Depuis le début de l’offensive russe, en six jours, plus de 660 000 ukrainiens se sont réfugiés dans plusieurs pays limitrophes. L’Union européenne va devoir faire face à une crise migratoire sans précédent. Aux frontières de l’Ukraine, les témoignages de ressortissants étrangers, discriminés, bloqués et refoulés abondent. La couverture du conflit par différents médias choque. Les associations des droits de l’Homme et venant en aide aux réfugiés, mais aussi l’Union africaine et l’Ameja appellent l’UE à une solidarité avec tous les réfugiés sans distinction.


 

Depuis le 24 février, l’offensive russe se poursuit en Ukraine. Selon Filippo Grandi, Haut Commissaire de l’ONU aux réfugiés, en six jours, plus de 660 000 réfugiés ont été accueillis dans les pays limitrophes, la plupart en Roumanie, Moldavie, Slovaquie, Hongrie, Pologne et Russie. Les difficultés sur le terrain et le manque d’informations compliquent fortement les rapatriements.
Des centaines de milliers de personnes, ukrainiennes mais aussi de nombreuses autres nationalités, tentent encore de quitter le pays par leurs propres moyens et se retrouvent bloquées aux frontières.

Ces derniers jours, de nombreux témoignages sur les réseaux, mais également des vidéos (hashtag #AfricaninUkraine) dénoncent des comportements racistes qui se sont multipliés aux frontières de l’Ukraine, notamment polonaises et roumaines. On y voit des scènes choquantes. Des gens implorant qu’on les prenne en charge après un périple plus qu’éprouvant dans un froid glacial se font violenter, chasser, refouler des trains quittant le pays et insulter dans des longues files d’attente de tri.

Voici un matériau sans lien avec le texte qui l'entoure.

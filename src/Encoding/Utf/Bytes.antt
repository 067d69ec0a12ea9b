-- ===== src/Encoding/Utf/Bytes.antt =====
-- The bit operations of the UTF-8 codecs as arithmetic.
use capnp_import.Common.{ℕ, ◌+◌, ◌*◌, ◌/◌, ◌%◌, ◌<◌, ◌≡◌, refl}
use capnp_import.Common.{true, ◌==◌, bit_and, bit_or, all_below, all_below_sound, arith}
use capnp_import.Common.Bits.{bit_and_low, bit_and_high}

==_eq : (a b : ℕ) → (a == b) ≡ true → a ≡ b
==_eq a b h = ground arith

-- The marks of the leading bytes and of a continuation byte.
pub mark_two : (x : ℕ) → x < 32 → bit_or x 0xc0 ≡ x + 192
unfolding all_below
mark_two x h = ==_eq _ _ (all_below_sound 32 (λ i. bit_or i 0xc0 == i + 192) x refl h)

pub mark_three : (x : ℕ) → x < 16 → bit_or x 0xe0 ≡ x + 224
unfolding all_below
mark_three x h = ==_eq _ _ (all_below_sound 16 (λ i. bit_or i 0xe0 == i + 224) x refl h)

pub mark_four : (x : ℕ) → x < 8 → bit_or x 0xf0 ≡ x + 240
unfolding all_below
mark_four x h = ==_eq _ _ (all_below_sound 8 (λ i. bit_or i 0xf0 == i + 240) x refl h)

pub mark_continuation : (x : ℕ) → x < 64 → bit_or x 0x80 ≡ x + 128
unfolding all_below
mark_continuation x h = ==_eq _ _ (all_below_sound 64 (λ i. bit_or i 0x80 == i + 128) x refl h)

pub top_two_bits : (c : ℕ) → c < 256 → bit_and c 0xc0 ≡ c / 64 * 64
unfolding all_below
top_two_bits c h = ==_eq _ _ (all_below_sound 256 (λ i. bit_and i 0xc0 == i / 64 * 64) c refl h)

pub low_six : (u : ℕ) → bit_and u 0x3f ≡ u % 64
low_six u = bit_and_low 6 u

pub low_ten : (u : ℕ) → bit_and u 0x03ff ≡ u % 1024
low_ten u = bit_and_low 10 u

-- The masks of the surrogates, at every number.
pub top_five : (u : ℕ) → bit_and u 0xf800 ≡ u / 2048 % 32 * 2048
top_five u = omega (arith, bit_and_high 11 31 u, bit_and_low 5 (u / 2048))

pub top_six : (u : ℕ) → bit_and u 0xfc00 ≡ u / 1024 % 64 * 1024
top_six u = omega (arith, bit_and_high 10 63 u, bit_and_low 6 (u / 1024))

pub bit_ten : (u : ℕ) → bit_and u 0x0400 ≡ u / 1024 % 2 * 1024
bit_ten u = omega (arith, bit_and_high 10 1 u, bit_and_low 1 (u / 1024))

pub top_21 : (u : ℕ) → bit_and u 0xfffff800 ≡ u / 2048 % 2097152 * 2048
top_21 u = omega (arith, bit_and_high 11 2097151 u, bit_and_low 21 (u / 2048))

« C’était un cauchemar, rapporte une jeune étudiante congolaise à un journaliste, les policiers n’ont pas du tout été sympas avec les étrangers, surtout les noirs ; ça nous insultait de tous les noms, ça braquait des armes sur nous, ça nous bousculait. »

« On nous a bloqués à la frontière, on nous a dit que les noirs ne rentrent pas. Pourtant on voyait les blancs rentrer… », témoigne un jeune guinéen, étudiant en médecine en Ukraine, au journaliste de France 24 qui a rencontré à la gare de Lvi (ville à 80 km de la frontière polonaise) plusieurs étudiants africains interdits de pénétrer en Pologne par les gardes-frontières ukrainiens [twitter Brut.fr]. « On est tous humains, on est nés comme ça, ils ne devraient pas nous discriminer sur la couleur de notre peau. »

 

Des traitements différents inacceptables

 

Dans un communiqué du 28 février, l’Union africaine (UA) s’est dite préoccupée de « ces rapports, selon lesquels les Africains sont l’objet d’un traitement différent inacceptable, [qui] seraient choquants et racistes et violeraient le droit international. À cet égard, les Présidents exhortent tous les pays à respecter le droit international et à faire preuve de la même empathie et du même soutien envers toutes les personnes qui fuient la guerre, nonobstant leur identité raciale ».
L’Ukraine accueillait plus de 16 000 étudiants africains. Selon le Sénégal, une douzaine d’ambassades africaines « mutualisent leurs moyens et leurs efforts » pour aider leurs ressortissants à quitter le pays et organiser leur rapatriement.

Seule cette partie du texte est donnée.